Momenteel is er een lange kabinetscrisis, veroorzaakt door gekrakeel om de macht. Instituties zijn in de handen van voormalige communisten en criminelen. President, kabinet en parlement worden door respectievelijk de helft, eenderde en driekwart van de bevolking gewantrouwd. En dat was vóór de onthullingen over de belastingvlucht van president Porosjenko, gisteren.
Volgens alle waarnemers is Oekraïne momenteel geen staat, maar een staat in verval of op zijn best eentje in wording. Er is dus geen tweede partij, met wie de EU een verdrag kan sluiten, of die een gesloten verdrag kan uitvoeren. Het zou daarom moeten worden opgeschort.
Betreffende tegenwerping 1: We niet kunnen weten hoe afwijzing of aanvaarding van het verdrag op de ontwikkelingen in Oekraïne zal uitwerken, omdat dit een zaak is van Praktische, niet Speculatieve, Rede.

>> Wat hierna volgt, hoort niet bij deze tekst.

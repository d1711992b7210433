-- ===== src/Executor/Waiting.antt =====
-- A key that several commands wait for, when only the first of them can be served.
use simis.Prelude.{
  Assoc, Option, Text, [], ap, ap₂, arith, drop, false, get_elem?, insert, length, lookup-insert,
  refl, some, suc, sym, take-length, text_eq_refl, true, zero, ℕ, ◌++◌, ◌-◌, ◌==◌, ◌∙◌, ◌∷◌, ◌≡◌,
}
use simis.Executor.{
  ExecutionResult, WaitingCommand, Waiters, Handler, State, Turn, waiters, answer_of, is_blocking,
  place_of, shift_left, remove_from_array, stop_waiting_in, answer, executed, execute, served,
  turn_of, turn_by, turn_at, unblock_loop, unblocked, unblock,
}

-- The array of a list of which the first was taken out
abbrev pub shifted : WaitingCommand → Waiters → Waiters
shifted wa ws = ws ++ drop (length ws) (wa ∷ ws)

place_of_first : (wa : WaitingCommand) (ws : Waiters) → place_of wa.command (wa ∷ ws) ≡ some 0
unfolding place_of
place_of_first wa ws =
    let same : (wa.command == wa.command) ≡ true = ground arith in rw (same, place_of) refl

remove_first :
    (wa : WaitingCommand) (ws : Waiters)
    → remove_from_array (wa ∷ ws) wa.command (wa ∷ ws) ≡ shifted wa ws
unfolding remove_from_array shift_left
remove_first wa ws =
    let count : suc (length ws) - 1 ≡ length ws = omega arith in
    rw (place_of_first wa ws, remove_from_array, count, take-length ws (length ws) (omega arith))
      refl

waiters-insert :
    (key : Text) (ws : Waiters) (m : Assoc Waiters) → waiters key (insert key ws m) ≡ ws
unfolding waiters
waiters-insert key ws m = rw (waiters, lookup-insert key key ws m, text_eq_refl key) refl

-- A command that waits for one key
abbrev pub alone : ℕ → Text → WaitingCommand
alone c key = record { command = c; waiting_keys = key ∷ [] }

module _ {S : Type 0} (handlers : Text → Option (Handler S)) where
  -- The command behind a pointer has a handler, which gives a result.
  pub record Runs (c : ℕ) (res : ExecutionResult) (st st' : State S) : Type 0 where
    pub handler : Handler S
    pub known : handlers (st.commands c).command ≡ some handler
    pub ran : execute handler c st ≡ (res, st')

  pub execute-answers :
      (h : Handler S) (c : ℕ) (res : ExecutionResult) (st st' : State S)
      → execute h c st ≡ (res, st')
      → (st'.answers ≡ st.answers) × (st'.blocking_commands ≡ st.blocking_commands)
  unfolding execute executed
  execute-answers h c res st st' e =
      (sym (ap (λ r. r.1.answers) e), sym (ap (λ r. r.1.blocking_commands) e))

  pub served_turn :
      (key : Text) (i : ℕ) (wc : WaitingCommand) (res : ExecutionResult) (t : Turn S)
      (st' : State S)
      → Runs wc.command res t.state st'
      → is_blocking res ≡ false
      → turn_at handlers key i (some wc) t ≡ (true, served key i wc res st' t.array)
  unfolding turn_at turn_by turn_of
  served_turn key i wc res t st' r h = rw (r.known, turn_by, r.ran, h) refl

  blocked_turn :
      (key : Text) (i : ℕ) (wc : WaitingCommand) (res : ExecutionResult) (t : Turn S)
      (st' : State S)
      → Runs wc.command res t.state st'
      → is_blocking res ≡ true
      → turn_at handlers key i (some wc) t ≡ (false, record t { state = st' })
  unfolding turn_at turn_by turn_of
  blocked_turn key i wc res t st' r h = rw (r.known, turn_by, r.ran, h) refl

  loop_left : (key : Text) (n i : ℕ) (t : Turn S) → unblock_loop handlers key n i (false, t) ≡ t
  unfolding unblock_loop
  loop_left key zero i t = refl
  loop_left key (suc n) i t = refl

  pub loop_goes :
      (key : Text) (n i : ℕ) (t : Turn S)
      → unblock_loop handlers key (suc n) i (true, t)
        ≡ unblock_loop handlers key n (suc i) (turn_at handlers key i (get_elem? t.array i) t)
  unfolding unblock_loop
  loop_goes key n i t = refl

  pub served-array :
      (key : Text) (a : ℕ) (ws : Waiters) (res : ExecutionResult) (st : State S)
      → waiters key st.blocking_commands ≡ alone a key ∷ ws
      → (served key 0 (alone a key) res st (alone a key ∷ ws)).array ≡ shifted (alone a key) ws
  unfolding served stop_waiting_in
  served-array key a ws res st list = rw (list, text_eq_refl key) (remove_first (alone a key) ws)

  pub unblock_key :
      (key : Text) (st : State S) (ws : Waiters)
      → waiters key st.blocking_commands ≡ ws
      → unblock handlers (key ∷ []) st
        ≡ unblocked handlers key (
            unblock_loop handlers key
              (length ws)
              0
              (true, record { array = ws; state = st; done_with = 0 }))
  unfolding unblock
  unblock_key key st ws e = rw (e, unblock) refl

  pub waiters-unblocked :
      (key : Text) (t : Turn S)
      → waiters key (unblocked handlers key t).blocking_commands ≡ drop t.done_with t.array
  unfolding unblocked
  waiters-unblocked key t = waiters-insert key (drop t.done_with t.array) t.state.blocking_commands

  pub answers-unblocked :
      (key : Text) (t : Turn S) → (unblocked handlers key t).answers ≡ t.state.answers
  unfolding unblocked
  answers-unblocked key t = refl

  pub served_lem :
      (key : Text) (i : ℕ) (wc : WaitingCommand) (res : ExecutionResult) (st : State S)
      (array : Waiters)
      → ((served key i wc res st array).done_with ≡ suc i)
        × ((served key i wc res st array).state.answers
            ≡ st.answers ++ ((wc.command, answer_of res) ∷ []))
  unfolding served answer
  served_lem key i wc res st array = (refl, refl)

  -- A key that two commands or more wait for, the first of them for it alone, is changed so that the
  -- first can be served, while the next that is tried still blocks. The first is answered, once. But
  -- what waits then is the list without its first two commands, and with its last one a second time
  -- behind it: with two that waited, the second still waits; with more, the second is lost, and the last
  -- waits twice.
  pub unblock_one :
      (key : Text) (a : ℕ) (wb wc : WaitingCommand) (ws : Waiters) (res res' : ExecutionResult)
      (st st₁ st₃ : State S)
      → waiters key st.blocking_commands ≡ alone a key ∷ wb ∷ ws
      → Runs a res st st₁
      → is_blocking res ≡ false
      → get_elem? (shifted (alone a key) (wb ∷ ws)) 1 ≡ some wc
      → Runs wc.command res' (served key 0 (alone a key) res st₁ (alone a key ∷ wb ∷ ws)).state st₃
      → is_blocking res' ≡ true
      → (waiters key (unblock handlers (key ∷ []) st).blocking_commands
          ≡ ws ++ drop (length ws) (wb ∷ ws))
        × ((unblock handlers (key ∷ []) st).answers ≡ st.answers ++ ((a, answer_of res) ∷ []))
  unblock_one key a wb wc ws res res' st st₁ st₃ list r₁ goes next r₃ blocks =
      let (same_answers, same_lists) = execute-answers r₁.handler a res st st₁ r₁.ran in
      let t₀ : Turn S = record { array = alone a key ∷ wb ∷ ws; state = st; done_with = 0 } in
      let t₁ = served key 0 (alone a key) res st₁ (alone a key ∷ wb ∷ ws) in
      let now : waiters key st₁.blocking_commands ≡ alone a key ∷ wb ∷ ws = rw same_lists list in
      let array : t₁.array ≡ shifted (alone a key) (wb ∷ ws) =
        served-array key a (wb ∷ ws) res st₁ now in
      let first = served_turn key 0 (alone a key) res t₀ st₁ r₁ goes in
      let second = blocked_turn key 1 wc res' t₁ st₃ r₃ blocks in
      let at_one : get_elem? t₁.array 1 ≡ some wc = rw array next in
      let turn : turn_at handlers key 1 (get_elem? t₁.array 1) t₁
          ≡ (false, record t₁ { state = st₃ }) =
        rw at_one second in
      let ended : unblock_loop handlers key (length (alone a key ∷ wb ∷ ws)) 0 (true, t₀)
          ≡ record t₁ { state = st₃ } =
        loop_goes key (length (wb ∷ ws)) 0 t₀
        ∙ ap (λ p. unblock_loop handlers key (length (wb ∷ ws)) 1 p) first
        ∙ loop_goes key (length ws) 1 t₁
        ∙ ap (λ p. unblock_loop handlers key (length ws) 2 p) turn
        ∙ loop_left key (length ws) 2 _ in
      let (third_answers, third_lists) = execute-answers r₃.handler wc.command res' _ st₃ r₃.ran in
      let (done_with, answers) = served_lem key 0 (alone a key) res st₁ (alone a key ∷ wb ∷ ws) in
      rw (unblock_key key st _ list, ended)
        (
          waiters-unblocked key (record t₁ { state = st₃ }) ∙ ap₂ drop done_with array,
          answers-unblocked key (record t₁ { state = st₃ })
              ∙ third_answers
              ∙ answers
              ∙ ap (λ l. l ++ ((a, answer_of res) ∷ [])) same_answers,
        )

Dus kunnen (op dit moment) oncontroleerbare toekomstvoorspellingen geen argument zijn.
Betreffende tegenwerping 2: We weten ook niet of een afwijzing van het verdrag uiteindelijk goed zal uitpakken voor Poetin. Zelfs de Russische president is niet alwetend en kan dit onmogelijk inschatten. Dus ook hier geldt dat een bepaald voorspeld concreet effect, door zijn onzekerheid, geen argument is. We hebben de beschikking over het beginsel (een tiran mag je niet helpen) maar weten niet of de afleiding (een ‘nee’ tegen het verdrag helpt Poetin) ook klopt.
Betreffende tegenwerping 3: Dat een eventuele overwinning van ‘nee’ door de initiatiefnemers van het referendum als een stem tegen de EU en voor een ‘Nexit’ zal worden beschouwd, valt niet te voorkomen. Ook een ‘ja’ zal door voorstanders worden uitgelegd als een bevestiging van hun wereldbeeld en politieke overtuigingen. Wie er gelijk heeft, zal moeten blijken bij toekomstige verkiezingen en referenda.